*** GIVEN ENTRIES Section Begins ***

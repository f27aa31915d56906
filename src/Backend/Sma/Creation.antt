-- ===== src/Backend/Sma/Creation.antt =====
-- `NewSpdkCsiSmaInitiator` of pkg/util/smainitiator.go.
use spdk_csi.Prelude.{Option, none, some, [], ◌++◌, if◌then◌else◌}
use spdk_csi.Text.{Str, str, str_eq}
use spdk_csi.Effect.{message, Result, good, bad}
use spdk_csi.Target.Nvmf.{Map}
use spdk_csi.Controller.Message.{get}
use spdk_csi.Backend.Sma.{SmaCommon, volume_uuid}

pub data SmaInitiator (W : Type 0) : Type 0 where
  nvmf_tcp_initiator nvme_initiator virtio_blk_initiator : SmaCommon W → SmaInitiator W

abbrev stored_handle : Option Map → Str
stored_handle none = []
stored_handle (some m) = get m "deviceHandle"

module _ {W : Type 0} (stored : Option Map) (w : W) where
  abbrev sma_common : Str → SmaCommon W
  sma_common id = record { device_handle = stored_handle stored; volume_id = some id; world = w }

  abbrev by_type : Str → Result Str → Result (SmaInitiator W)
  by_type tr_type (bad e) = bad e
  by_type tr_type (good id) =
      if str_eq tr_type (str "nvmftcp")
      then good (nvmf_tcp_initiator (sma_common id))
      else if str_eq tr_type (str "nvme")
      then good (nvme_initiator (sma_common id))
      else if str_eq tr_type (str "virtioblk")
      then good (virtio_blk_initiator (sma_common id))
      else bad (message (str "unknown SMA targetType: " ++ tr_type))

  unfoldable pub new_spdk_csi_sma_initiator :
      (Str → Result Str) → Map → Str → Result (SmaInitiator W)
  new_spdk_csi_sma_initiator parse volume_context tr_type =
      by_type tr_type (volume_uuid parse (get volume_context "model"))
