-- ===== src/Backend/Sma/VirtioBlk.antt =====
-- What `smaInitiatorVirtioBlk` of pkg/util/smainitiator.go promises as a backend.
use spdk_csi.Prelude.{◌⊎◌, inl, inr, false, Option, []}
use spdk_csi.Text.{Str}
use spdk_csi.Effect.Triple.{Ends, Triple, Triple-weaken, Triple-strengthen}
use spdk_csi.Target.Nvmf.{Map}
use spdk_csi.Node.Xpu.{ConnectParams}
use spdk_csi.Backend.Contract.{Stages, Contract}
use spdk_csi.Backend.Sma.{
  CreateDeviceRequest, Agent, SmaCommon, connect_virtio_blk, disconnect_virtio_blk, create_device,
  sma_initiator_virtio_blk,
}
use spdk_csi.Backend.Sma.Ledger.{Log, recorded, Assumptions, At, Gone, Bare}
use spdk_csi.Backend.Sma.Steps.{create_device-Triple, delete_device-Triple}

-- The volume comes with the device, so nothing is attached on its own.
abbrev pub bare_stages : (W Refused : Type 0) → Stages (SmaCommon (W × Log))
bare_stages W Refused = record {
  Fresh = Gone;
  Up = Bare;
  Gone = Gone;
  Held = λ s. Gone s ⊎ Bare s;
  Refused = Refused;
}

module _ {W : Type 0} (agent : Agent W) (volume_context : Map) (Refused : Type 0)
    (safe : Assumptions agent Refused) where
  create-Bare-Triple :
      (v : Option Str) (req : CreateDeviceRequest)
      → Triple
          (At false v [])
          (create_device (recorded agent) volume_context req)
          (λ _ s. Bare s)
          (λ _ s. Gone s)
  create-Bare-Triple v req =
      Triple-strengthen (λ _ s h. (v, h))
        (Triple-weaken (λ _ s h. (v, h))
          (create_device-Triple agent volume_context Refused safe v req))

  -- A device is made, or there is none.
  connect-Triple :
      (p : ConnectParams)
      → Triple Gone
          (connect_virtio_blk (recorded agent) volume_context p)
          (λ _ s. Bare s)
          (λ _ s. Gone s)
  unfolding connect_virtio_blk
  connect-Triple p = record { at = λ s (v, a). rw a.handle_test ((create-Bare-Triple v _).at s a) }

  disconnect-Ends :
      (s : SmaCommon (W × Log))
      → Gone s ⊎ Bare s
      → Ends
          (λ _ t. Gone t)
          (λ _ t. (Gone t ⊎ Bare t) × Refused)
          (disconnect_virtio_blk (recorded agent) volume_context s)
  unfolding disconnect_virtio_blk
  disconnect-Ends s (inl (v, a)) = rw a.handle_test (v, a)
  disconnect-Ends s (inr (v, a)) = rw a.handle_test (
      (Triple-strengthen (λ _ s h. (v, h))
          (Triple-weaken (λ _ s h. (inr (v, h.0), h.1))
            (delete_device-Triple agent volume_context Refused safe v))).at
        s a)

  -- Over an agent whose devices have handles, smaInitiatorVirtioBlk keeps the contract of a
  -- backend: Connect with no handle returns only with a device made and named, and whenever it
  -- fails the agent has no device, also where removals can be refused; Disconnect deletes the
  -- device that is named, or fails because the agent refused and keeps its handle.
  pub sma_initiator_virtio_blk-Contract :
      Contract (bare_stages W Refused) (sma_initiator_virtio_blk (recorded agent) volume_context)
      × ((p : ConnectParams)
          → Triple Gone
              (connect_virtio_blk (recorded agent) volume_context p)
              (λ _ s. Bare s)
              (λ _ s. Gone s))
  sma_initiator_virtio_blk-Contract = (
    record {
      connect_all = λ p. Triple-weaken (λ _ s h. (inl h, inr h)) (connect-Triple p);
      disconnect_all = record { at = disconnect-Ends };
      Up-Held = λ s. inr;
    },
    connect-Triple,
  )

*** GIVEN ENTRIES Section Ends ***
*** GIVEN ENTRIES Section Begins ***

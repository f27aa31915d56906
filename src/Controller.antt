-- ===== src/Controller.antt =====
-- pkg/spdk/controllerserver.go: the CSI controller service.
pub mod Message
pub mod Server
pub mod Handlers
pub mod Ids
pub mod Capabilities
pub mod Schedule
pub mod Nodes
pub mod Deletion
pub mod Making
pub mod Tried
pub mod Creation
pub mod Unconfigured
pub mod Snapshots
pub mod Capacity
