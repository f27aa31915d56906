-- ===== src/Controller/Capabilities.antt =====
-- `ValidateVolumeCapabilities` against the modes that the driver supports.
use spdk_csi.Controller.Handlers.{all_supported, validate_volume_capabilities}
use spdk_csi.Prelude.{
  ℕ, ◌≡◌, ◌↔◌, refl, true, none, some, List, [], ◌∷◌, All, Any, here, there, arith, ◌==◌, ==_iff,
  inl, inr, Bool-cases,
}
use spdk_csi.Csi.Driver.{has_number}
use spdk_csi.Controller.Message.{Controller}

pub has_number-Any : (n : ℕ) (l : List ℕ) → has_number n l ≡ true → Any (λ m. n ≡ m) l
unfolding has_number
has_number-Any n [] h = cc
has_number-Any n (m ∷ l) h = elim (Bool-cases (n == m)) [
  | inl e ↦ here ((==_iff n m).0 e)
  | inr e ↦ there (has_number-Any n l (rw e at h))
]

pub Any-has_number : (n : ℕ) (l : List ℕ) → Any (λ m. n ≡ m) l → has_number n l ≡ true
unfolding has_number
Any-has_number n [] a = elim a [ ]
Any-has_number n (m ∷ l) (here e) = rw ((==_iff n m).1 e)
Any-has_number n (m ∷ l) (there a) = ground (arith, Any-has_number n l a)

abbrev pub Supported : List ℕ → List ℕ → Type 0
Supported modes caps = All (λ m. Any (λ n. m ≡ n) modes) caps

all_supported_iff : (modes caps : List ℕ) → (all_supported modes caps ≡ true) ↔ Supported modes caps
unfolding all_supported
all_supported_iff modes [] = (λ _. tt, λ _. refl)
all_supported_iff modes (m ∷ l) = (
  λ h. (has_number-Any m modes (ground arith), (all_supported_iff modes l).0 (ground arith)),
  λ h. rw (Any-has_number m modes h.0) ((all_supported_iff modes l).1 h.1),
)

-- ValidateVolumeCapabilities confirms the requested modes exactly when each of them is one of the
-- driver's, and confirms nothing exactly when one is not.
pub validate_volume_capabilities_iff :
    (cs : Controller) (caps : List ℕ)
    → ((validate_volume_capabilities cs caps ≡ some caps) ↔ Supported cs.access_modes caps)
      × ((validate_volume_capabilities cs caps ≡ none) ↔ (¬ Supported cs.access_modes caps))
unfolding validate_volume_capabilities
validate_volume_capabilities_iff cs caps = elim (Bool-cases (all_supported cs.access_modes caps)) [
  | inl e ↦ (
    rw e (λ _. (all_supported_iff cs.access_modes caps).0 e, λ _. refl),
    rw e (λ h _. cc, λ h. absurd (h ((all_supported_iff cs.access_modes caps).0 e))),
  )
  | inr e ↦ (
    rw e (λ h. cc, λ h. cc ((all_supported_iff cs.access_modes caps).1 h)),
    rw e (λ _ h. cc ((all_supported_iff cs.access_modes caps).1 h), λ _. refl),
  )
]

*** GIVEN ENTRIES Section Ends ***

◆ WORK REQUIRED
All lines in the records with the string "where" should be copied out.

◆ SOLUTION TO THIS PROBLEM
pub data SmaInitiator (W : Type 0) : Type 0 where
module _ {W : Type 0} (stored : Option Map) (w : W) where
    (safe : Assumptions agent Refused) where
  -- fails the agent has no device, also where removals can be refused; Disconnect deletes the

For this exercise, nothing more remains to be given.